Contents lists available at ScienceDirect



## Microprocessors and Microsystems



journal homepage: www.elsevier.com/locate/micpro

## Pipelining data-dependent tasks in FPGA-based multicore architectures



### Ali Azarian\*, João M.P. Cardoso

Faculty of Engineering, University of Porto and INESC-TEC, Rua Dr. Roberto Frias, Porto, Portugal

#### ARTICLE INFO

Article history: Received 15 May 2015 Revised 5 October 2015 Accepted 8 February 2016 Available online 15 February 2016

Keywords: Multicore architectures Task-level pipelining FPGA Producer/consumer data communication

#### ABSTRACT

In recent years, there has been increasing interest in using task-level pipelining to accelerate the overall execution of applications mainly consisting of producer/consumer tasks.
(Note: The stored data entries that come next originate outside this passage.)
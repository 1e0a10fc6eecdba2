-- ===== src/Poller.antt =====
-- lio/src/backends/impls/pollingv2/mod.rs: the readiness backend.
-- The operating system's poller (`ReadinessPoll`) and the system calls are parameters over one
-- outside world `K`. `Poller` has the fields of the struct; the buffer of events is its capacity.
-- What `OpBuf::peek` copies out is the `RawBuf` of the operation.
pub mod Backend
pub mod RunOp
pub mod Consistency
pub mod Push
pub mod Handling
pub mod Reporting
pub mod Lawful
pub mod Accepting
pub mod Selector
pub mod Soundness
pub mod OneEvent
pub mod Wait
pub mod Faults
pub mod Epoll
pub mod Kqueue
use lio.Base.{
  ℕ, ◌+◌, ◌-◌, ◌*◌, ◌/◌, ◌%◌, ◌^◌, min, Bool, true, false, ◌||◌, ◌&&◌, Option, none, some, List, [],
  ◌∷◌, ◌++◌, map, ltb, leb, ◌==◌, if◌then◌else◌, length, ℤ, pos, neg, is_neg, neg_part, Outcome,
  ret, panic, ◌>>=◌, expect, IoError, os, IoResult, ok, err,
}
use lio.Base.Assoc.{lookup, insert, remove}
use lio.Op.{Op, RawFd, Duration, OpCompleted, IoBackend}
use lio.Interest.{Interest}
use lio.Interest
use lio.Syscall.{Kernel, syscall_result, eagain, einprogress, eisconn, eio}
use lio.Syscall
use lio.Store.{notify_key}

pub record Event : Type 0 where
  pub key : ℕ
  pub interest : Interest

-- The trait `ReadinessPoll`, with `OsPoller::new` and with what `Events::get_event` makes of the
-- native events. `wait` is given the capacity of the buffer.
pub record ReadinessPoll (K : Type 0) : Type 0 where
  pub new : K → IoResult (Unit {0}) × K
  pub add : RawFd → ℕ → Interest → K → IoResult (Unit {0}) × K
  pub modify : RawFd → ℕ → Interest → K → IoResult (Unit {0}) × K
  pub delete : RawFd → K → IoResult (Unit {0}) × K
  pub delete_timer : ℕ → K → IoResult (Unit {0}) × K
  pub wait : ℕ → Option Duration → K → IoResult (List Event) × K

pub record Poller : Type 0 where
  pub sys : Bool
  pub fd_map : Option (List (ℕ × RawFd))
  pub op_map : List (ℕ × Op)
  pub events : ℕ
  pub immediate : List (ℕ × ℤ)
  pub completed : List OpCompleted

-- `Events::iter`, which leaves out the events of the poller itself.
unfoldable pub iter : List Event → List Event
iter [] = []
iter (e ∷ es) = let rest = iter es in if e.key == notify_key then rest else e ∷ rest

-- A cast to `i32`.
abbrev pub as_i32 : ℕ → ℤ
as_i32 n = if ltb (n % 2 ^ 32) (2 ^ 31) then pos (n % 2 ^ 32) else neg (2 ^ 32 - n % 2 ^ 32)

-- A cast from `u64` to `off_t`.
abbrev pub as_i64 : ℕ → ℤ
as_i64 n = if ltb (n % 2 ^ 64) (2 ^ 63) then pos (n % 2 ^ 64) else neg (2 ^ 64 - n % 2 ^ 64)

abbrev pub as_millis : Duration → ℕ
as_millis d = d.secs * 1000 + d.nanos / 1000000

-- What a completion of the other kind reports: `errno` as an `i32` compared with a number.
abbrev pub would_block : ℤ → Bool
would_block r =
    is_neg r
    && (neg_part r % 2 ^ 32 == eagain
        || (neg_part r % 2 ^ 32 == eagain || neg_part r % 2 ^ 32 == einprogress))

module _ {K : Type 0} (kernel : Kernel K) where
  -- A system call with its result in the library's convention.
  issue : Syscall.Syscall → K → ℤ × K
  issue call k = let (r, errno, k') = kernel call k in (syscall_result r errno, k')

  -- `connect` takes EISCONN for success once it has been called before.
  issue_connect : RawFd → ℕ → ℕ → Bool → K → ℤ × K
  issue_connect fd addr len connect_called k =
      let (r, errno, k') = kernel (Syscall.connect fd addr len) k in
      if is_neg r
      then (if errno == einprogress
          then (neg errno, k')
          else if errno == eisconn && connect_called
          then (pos 0, k')
          else (neg errno, k'))
      else (r, k')

  unfoldable pub run_op_on_event : Op → K → Outcome (ℤ × K)
  unfolding issue issue_connect
  run_op_on_event (Op.read fd buffer) k = ret (issue (Syscall.read fd buffer.ptr buffer.len) k)
  run_op_on_event (Op.write fd buffer) k = ret (issue (Syscall.write fd buffer.ptr buffer.len) k)
  run_op_on_event (Op.read_at fd offset buffer) k =
      ret (issue (Syscall.pread fd buffer.ptr buffer.len offset) k)
  run_op_on_event (Op.write_at fd offset buffer) k =
      ret (issue (Syscall.pwrite fd buffer.ptr buffer.len offset) k)
  run_op_on_event (Op.send fd flags buffer) k =
      ret (issue (Syscall.send fd buffer.ptr buffer.len flags) k)
  run_op_on_event (Op.recv fd flags buffer) k =
      ret (issue (Syscall.recv fd buffer.ptr buffer.len flags) k)
  run_op_on_event (Op.accept fd addr len) k = ret (issue (Syscall.accept fd addr len) k)
  run_op_on_event (Op.timeout duration timer_fd timespec) k = ret (pos 0, k)
  run_op_on_event (Op.connect fd addr len connect_called) k =
      ret (issue_connect fd addr len connect_called k)
  run_op_on_event op k = panic

  unfoldable pub run_op_blocking : Op → K → ℤ × K
  unfolding issue issue_connect
  run_op_blocking (Op.read fd buffer) k = issue (Syscall.read fd buffer.ptr buffer.len) k
  run_op_blocking (Op.write fd buffer) k = issue (Syscall.write fd buffer.ptr buffer.len) k
  run_op_blocking (Op.read_at fd offset buffer) k =
      issue (Syscall.pread fd buffer.ptr buffer.len offset) k
  run_op_blocking (Op.write_at fd offset buffer) k =
      issue (Syscall.pwrite fd buffer.ptr buffer.len offset) k
  run_op_blocking (Op.send fd flags buffer) k =
      issue (Syscall.send fd buffer.ptr buffer.len flags) k
  run_op_blocking (Op.recv fd flags buffer) k =
      issue (Syscall.recv fd buffer.ptr buffer.len flags) k
  run_op_blocking (Op.accept fd addr len) k = issue (Syscall.accept fd addr len) k
  run_op_blocking (Op.connect fd addr len connect_called) k =
      issue_connect fd addr len connect_called k
  run_op_blocking (Op.bind fd addr addrlen) k = issue (Syscall.bind fd addr addrlen) k
  run_op_blocking (Op.listen fd backlog) k = issue (Syscall.listen fd backlog) k
  run_op_blocking (Op.shutdown fd how) k = issue (Syscall.shutdown fd how) k
  run_op_blocking (Op.socket domain ty proto) k = issue (Syscall.socket domain ty proto) k
  run_op_blocking (Op.open_at dir_fd path flags) k = issue (Syscall.openat dir_fd path flags) k
  run_op_blocking (Op.close fd) k = issue (Syscall.close fd) k
  run_op_blocking (Op.fsync fd) k = issue (Syscall.fsync fd) k
  run_op_blocking (Op.truncate fd size) k = issue (Syscall.ftruncate fd (as_i64 size)) k
  run_op_blocking (Op.link_at old_dir_fd old_path new_dir_fd new_path) k =
      issue (Syscall.linkat old_dir_fd old_path new_dir_fd new_path (pos 0)) k
  run_op_blocking (Op.symlink_at dir_fd target linkpath) k =
      issue (Syscall.symlinkat target dir_fd linkpath) k
  run_op_blocking (Op.tee fd_in fd_out size) k = issue (Syscall.tee fd_in fd_out size 0) k
  run_op_blocking (Op.timeout duration timer_fd timespec) k =
      (pos 0, (kernel (Syscall.sleep duration) k).2)
  run_op_blocking Op.nop k = (pos 0, k)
This paper proposes fine- and coarse-grained data synchronization approaches to achieve pipelining execution of producer/consumer tasks in FPGA-based multicore architectures. Our approaches are able to speedup the overall execution of successive, data-dependent tasks, by using multiple cores and specific customization features provided by FPGAs. An important component of our approach is the use of customized inter-stage buffer schemes to communicate data and to synchronize the cores associated with the producer/consumer tasks. We propose techniques to reduce the number of accesses to external memory in our fine-grained data synchronization approach. The experimental results show the feasibility of the approach in both in-order and out-of-order producer/consumer tasks. Moreover, the results using our approach reveal noticeable performance improvements for a number of benchmarks over a single core implementation without using task-level pipelining.
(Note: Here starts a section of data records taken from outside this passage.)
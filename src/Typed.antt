-- ===== src/Typed.antt =====
-- lio/src/api/ops: the typed operations. A type's fields are those of the struct, where a C string
-- or a structure that the operation only points to is the number of its address; a `Resource` is its descriptor.
pub mod Buffers
pub mod Files
pub mod Sockets
pub mod Errors
pub mod Lengths
use lio.Base.{
  ℕ, ◌%◌, ◌^◌, ℤ, pos, neg, is_neg, neg_part, pos_part, Option, none, some, Outcome, ret, expect,
  ◌>>=◌, IoError, os, IoResult, ok, err, if◌then◌else◌,
}
use lio.Op.{Op, RawBuf, RawFd, Resource, Pointer}
use lio.Poller.{as_i32}

-- `Error::from_raw_os_error((-res) as i32)`, for a negative result. An errno is the 32 bits of its `i32`.
abbrev pub raw_os_error : ℤ → IoError
raw_os_error res = os (neg_part res % 2 ^ 32)

-- The results of an operation that returns nothing, a number or a new descriptor.
unfoldable pub unit_result : ℤ → IoResult (Unit {0})
unit_result res = if is_neg res then err (raw_os_error res) else ok tt

unfoldable pub number_result : ℤ → IoResult ℤ
number_result res = if is_neg res then err (raw_os_error res) else ok (as_i32 (pos_part res))

unfoldable pub resource_result : ℤ → IoResult Resource
resource_result res = if is_neg res then err (raw_os_error res) else ok (as_i32 (pos_part res))

-- The trait `BufLike`.
pub record BufLike (B : Type 0) : Type 0 where
  pub buf : B → RawBuf
  pub after : B → ℕ → Outcome B

-- A `Vec<u8>`: where it is, its capacity and its length.
pub record Vec : Type 0 where
  pub ptr : Pointer
  pub capacity : ℕ
  pub len : ℕ

-- Its buffer is its whole capacity, and `after` is `set_len`.
unfoldable pub vec : BufLike Vec
vec = record {
  buf = λ v. record { ptr = v.ptr; len = v.capacity };
  after = λ v bw. ret (record v { len = bw });
}

module _ {B : Type 0} (buflike : BufLike B) where
  -- What `into_op` takes of the buffer.
  unfoldable pub raw_buf : Option B → Outcome RawBuf
  raw_buf buf = expect buf >>= λ b. ret (buflike.buf b)

  -- The result of an operation on a buffer, with the buffer.
  unfoldable pub buf_result : Option B → ℤ → Outcome (IoResult ℤ × B)
  buf_result buf res = expect buf >>= λ b.
      if is_neg res
      then ret (err (raw_os_error res), b)
      else (buflike.after b (pos_part res) >>= λ b'. ret (ok (as_i32 (pos_part res)), b'))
© 2016 Elsevier B.V. All rights reserved.

#### 1. Introduction

Techniques to speedup processing are becoming more and more important. Task-level pipelining (TaLP) is an important technique for multicore based systems, especially when dealing with applications consisting of producer/consumer (P/C) tasks (see, e.g., [1]). It may provide additional speedups over the ones achieved when exploring other forms of parallelism. In the presence of multicore based systems, TaLP can be achieved by mapping each task to a distinct core and by synchronizing their execution according to data availability. It can accelerate the overall execution of applications by partially overlapping the execution of data-dependent tasks (herein: Computing Stages).

Many applications, such as image/video and signal processing, are structured as a sequence of data-dependent computing stages, use the P/C pair communication paradigm, and are thus amenable to pipelining execution [2,3]. Using TaLP, a consumer computing stage (e.g., consisting of a loop or a set of nested loops) may start execution, before the end of the producer computing stage, based on data availability. Performance gains can be achieved as the consumer can process data as soon as it becomes available.
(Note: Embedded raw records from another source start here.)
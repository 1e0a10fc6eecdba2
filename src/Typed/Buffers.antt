-- ===== src/Typed/Buffers.antt =====
-- read.rs, read_at.rs, recv.rs, send.rs, write.rs and write_at.rs of lio/src/api/ops.
use lio.Base.{ℤ, pos, Option, none, some, ret, ◌>>=◌, IoResult}
use lio.Op.{Op, Resource}
use lio.Io.{TypedOp}
use lio.Typed.{BufLike, raw_buf, buf_result}

pub record Read (B : Type 0) : Type 0 where
  pub res : Resource
  pub buf : Option B

pub record ReadAt (B : Type 0) : Type 0 where
  pub res : Resource
  pub buf : Option B
  pub offset : ℤ

pub record Recv (B : Type 0) : Type 0 where
  pub res : Resource
  pub buf : Option B
  pub flags : ℤ

pub record Send (B : Type 0) : Type 0 where
  pub res : Resource
  pub buf : Option B
  pub flags : ℤ

pub record Write (B : Type 0) : Type 0 where
  pub res : Resource
  pub buf : Option B

pub record WriteAt (B : Type 0) : Type 0 where
  pub res : Resource
  pub buf : Option B
  pub offset : ℤ

module _ {B : Type 0} where
  unfoldable pub new_read : Resource → B → Read B
  new_read res mem = record { res = res; buf = some mem }

  unfoldable pub new_read_at : Resource → B → ℤ → ReadAt B
  new_read_at res mem offset = record { res = res; buf = some mem; offset = offset }

  unfoldable pub new_recv : Resource → B → Option ℤ → Recv B
  new_recv res buf flags = record {
    res = res;
    buf = some buf;
    flags = elim flags [ none ↦ pos 0 | some f ↦ f ];
  }

  unfoldable pub new_send : Resource → B → Option ℤ → Send B
  new_send res buf flags = record {
    res = res;
    buf = some buf;
    flags = elim flags [ none ↦ pos 0 | some f ↦ f ];
  }

  unfoldable pub new_write : Resource → B → Write B
  new_write res mem = record { res = res; buf = some mem }

  unfoldable pub new_write_at : Resource → B → ℤ → WriteAt B
  new_write_at res mem offset = record { res = res; buf = some mem; offset = offset }

module _ {B : Type 0} (buflike : BufLike B) where
  unfoldable pub read : TypedOp (Read B) (IoResult ℤ × B)
  unfolding raw_buf buf_result
  read = record {
    into_op = λ t. raw_buf buflike t.buf >>= λ buffer. ret (Op.read t.res buffer, t);
    extract_result = λ t res. buf_result buflike t.buf res;
  }

  unfoldable pub read_at : TypedOp (ReadAt B) (IoResult ℤ × B)
  unfolding raw_buf buf_result
  read_at = record {
    into_op = λ t. raw_buf buflike t.buf >>= λ buffer. ret (Op.read_at t.res t.offset buffer, t);
    extract_result = λ t res. buf_result buflike t.buf res;
  }

  unfoldable pub recv : TypedOp (Recv B) (IoResult ℤ × B)
  unfolding raw_buf buf_result
  recv = record {
    into_op = λ t. raw_buf buflike t.buf >>= λ buffer. ret (Op.recv t.res t.flags buffer, t);
    extract_result = λ t res. buf_result buflike t.buf res;
  }

  unfoldable pub send : TypedOp (Send B) (IoResult ℤ × B)
  unfolding raw_buf buf_result
  send = record {
    into_op = λ t. raw_buf buflike t.buf >>= λ buffer. ret (Op.send t.res t.flags buffer, t);
    extract_result = λ t res. buf_result buflike t.buf res;
  }

  unfoldable pub write : TypedOp (Write B) (IoResult ℤ × B)
  unfolding raw_buf buf_result
  write = record {
    into_op = λ t. raw_buf buflike t.buf >>= λ buffer. ret (Op.write t.res buffer, t);
    extract_result = λ t res. buf_result buflike t.buf res;
  }

  unfoldable pub write_at : TypedOp (WriteAt B) (IoResult ℤ × B)
  unfolding raw_buf buf_result
  write_at = record {
    into_op = λ t. raw_buf buflike t.buf >>= λ buffer. ret (Op.write_at t.res t.offset buffer, t);
    extract_result = λ t res. buf_result buflike t.buf res;
  }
There are two types of data synchronization granularity between the producer and consumer: *Fine-grained* and *Coarse-grained*. In fine-grained schemes, each data element is used

http://dx.doi.org/10.1016/j.micpro.2016.02.008 0141-9331/© 2016 Elsevier B.V. All rights reserved. to synchronize computing stages. In coarse-grained data synchronization schemes, instead of each data element, chunks of elements or an entire array of elements (e.g., an image) is considered to synchronize computing stages.

The simplest implementation of TaLP uses a FIFO channel between cores implementing P/C pairs. The FIFO can store an array element or a set of array elements to establish data synchronization between the producer and consumer. FIFO is sufficient when the order of producing data is the same as the order of consuming data (referred herein as in-order data communication pattern or simply in-order). In this case, the data communication between the producer and consumer can use a FIFO storing one data element in each stage. Although using FIFO channels between producers and consumers is an efficient solution for in-order P/C pairs, it may not be efficient or feasible for out-of-order P/C pairs and it might be necessary to use other data communication mechanisms [4].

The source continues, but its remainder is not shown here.